From personal genome to personal transcriptome

Manuel Rivas Profile
Manuel Rivas

Genome analysis reveals how the DNA sequences that make up individual genes differ between individuals, which may contribute to differences in disease risk. However, it remains extremely challenging to accurately predict how any particular DNA change might affect biological function, limiting the clinical interpretation of genetic findings. In a paper published on 8 May in the journal Science, Manuel Rivas and colleagues at Wellcome Trust Centre for Human Genetics, together with Daniel MacArthur (Broad Institute, US), Tuuli Lappalainen (New York Genome Center, US), and collaborators from the Genotype Tissue Expression (GTEx) Consortium, have measured the cellular effects of genetic variants in unprecedented depth.

They documented the impact on gene expression levels of variants that had a high probability of causing proteins to be missing or incomplete. Protein-truncating variants (PTVs) interrupt the sequence of a gene in one of four ways: by introducing a premature ‘stop here’ signal; by adding or deleting a short sequence (indel) so that the genetic code becomes scrambled; by deleting a large section of DNA; or by disrupting critical sites where the RNA message is spliced together once the DNA has been transcribed. Such variants are often associated with disease, but others have no obvious effect. Some can even be beneficial: for example, a splice-disrupting variant in the CARD9 gene provides strong protection against Crohn’s disease and ulcerative colitis.

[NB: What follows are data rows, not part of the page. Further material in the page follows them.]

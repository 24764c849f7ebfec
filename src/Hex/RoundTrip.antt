-- ===== src/Hex/RoundTrip.antt =====
-- Raw bytes survive the way to text and back.
use seafile_server.Base.{
  ℕ, zero, suc, ◌/◌, ◌%◌, ◌*◌, ◌<◌, ◌≡◌, refl, Bool, true, false, Option, none, some, List, [], ◌∷◌,
  CString, ◌==◌, if◌then◌else◌, ==_iff, length, All, arith,
}
use seafile_server.Hex.{
  hex_digit, hex_byte, rawdata_to_hex, hex_to_rawdata, all_id_digits, is_object_id_valid,
}

-- A test that every number under a bound passes, one after the other.
passes_under : (ℕ → Bool) → ℕ → Bool
passes_under test zero = true
passes_under test (suc bound) =
    let rest = passes_under test bound in if test bound then rest else false

passes_under_each :
    (test : ℕ → Bool) (bound : ℕ)
    → (val : ℕ) → val < bound
    → passes_under test bound ≡ true
    → test val ≡ true
unfolding passes_under
passes_under_each test zero val small passed = absurd (omega arith)
passes_under_each test (suc bound) val small passed =
    ground (arith, λ (less : val < bound). passes_under_each test bound val less)

abbrev is_byte : Option ℕ → ℕ → Bool
is_byte none x = false
is_byte (some y) x = y == x

is_byte_eq : (o : Option ℕ) (x : ℕ) → is_byte o x ≡ true → o ≡ some x
is_byte_eq none x h = cc
is_byte_eq (some y) x h = ground (arith, ==_iff y x)

-- Every byte, by evaluation.
byte_table :
    passes_under (λ x. is_byte (hex_byte (hex_digit (x / 16)) (hex_digit (x % 16))) x) 256 ≡ true
unfolding passes_under hex_byte
byte_table = refl

byte_back : (x : ℕ) → x < 256 → hex_byte (hex_digit (x / 16)) (hex_digit (x % 16)) ≡ some x
byte_back x h = is_byte_eq _ x (passes_under_each _ 256 x h byte_table)

-- Bytes written as hexadecimal digits are read back, all of them and none else.
pub hex_to_rawdata-rawdata_to_hex :
    (rawdata : List ℕ)
    → All (λ x. x < 256) rawdata
    → hex_to_rawdata (rawdata_to_hex rawdata) (length rawdata) ≡ some rawdata
unfolding hex_to_rawdata rawdata_to_hex
hex_to_rawdata-rawdata_to_hex [] h = refl
hex_to_rawdata-rawdata_to_hex (x ∷ rawdata) (h, hs) =
    rw (byte_back x h, hex_to_rawdata-rawdata_to_hex rawdata hs)

digits_table :
    passes_under (λ x. all_id_digits (hex_digit (x / 16) ∷ hex_digit (x % 16) ∷ [])) 256 ≡ true
unfolding passes_under all_id_digits
digits_table = refl

two_digits :
    (c d : ℕ) (rest : CString)
    → all_id_digits (c ∷ d ∷ []) ≡ true
    → all_id_digits rest ≡ true
    → all_id_digits (c ∷ d ∷ rest) ≡ true
unfolding all_id_digits
two_digits c d rest h k = ground arith

rawdata_to_hex-digits :
    (rawdata : List ℕ) → All (λ x. x < 256) rawdata → all_id_digits (rawdata_to_hex rawdata) ≡ true
unfolding rawdata_to_hex all_id_digits
rawdata_to_hex-digits [] h = refl
rawdata_to_hex-digits (x ∷ rawdata) (h, hs) =
    two_digits (hex_digit (x / 16)) (hex_digit (x % 16)) (rawdata_to_hex rawdata)
      (passes_under_each _ 256 x h digits_table) (rawdata_to_hex-digits rawdata hs)

pub length-rawdata_to_hex :
    (rawdata : List ℕ) → length (rawdata_to_hex rawdata) ≡ 2 * length rawdata
unfolding rawdata_to_hex
length-rawdata_to_hex [] = refl
length-rawdata_to_hex (x ∷ rawdata) = omega (arith, length-rawdata_to_hex rawdata)

-- Twenty raw bytes are written as a valid object id.
pub rawdata_to_hex-is_object_id_valid :
    (rawdata : List ℕ)
    → length rawdata ≡ 20
    → All (λ x. x < 256) rawdata
    → is_object_id_valid (rawdata_to_hex rawdata) ≡ true
unfolding is_object_id_valid
rawdata_to_hex-is_object_id_valid rawdata size small =
    ground (arith, rawdata_to_hex-digits rawdata small, length-rawdata_to_hex rawdata)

Cells have a protective mechanism against such truncated proteins called ‘nonsense-mediated decay’ (NMD), which can degrade abnormal RNA messages before they are translated to proteins. This phenomenon, and changes in the content of the RNA message can be detected from RNA sequencing data that the team analysed.

Rivas, MacArthur, Lappalainen and their colleagues took advantage of two large-scale cohort studies that between them had sequenced both DNA and RNA from 635 individuals in order to uncover the functional effects of PTVs. The Geuvadis study combined genome sequencing data to RNA sequencing from cultured white blood cells, while the GTEx projects analyzed DNA sequences and expression data from multiple tissues from the same individuals. 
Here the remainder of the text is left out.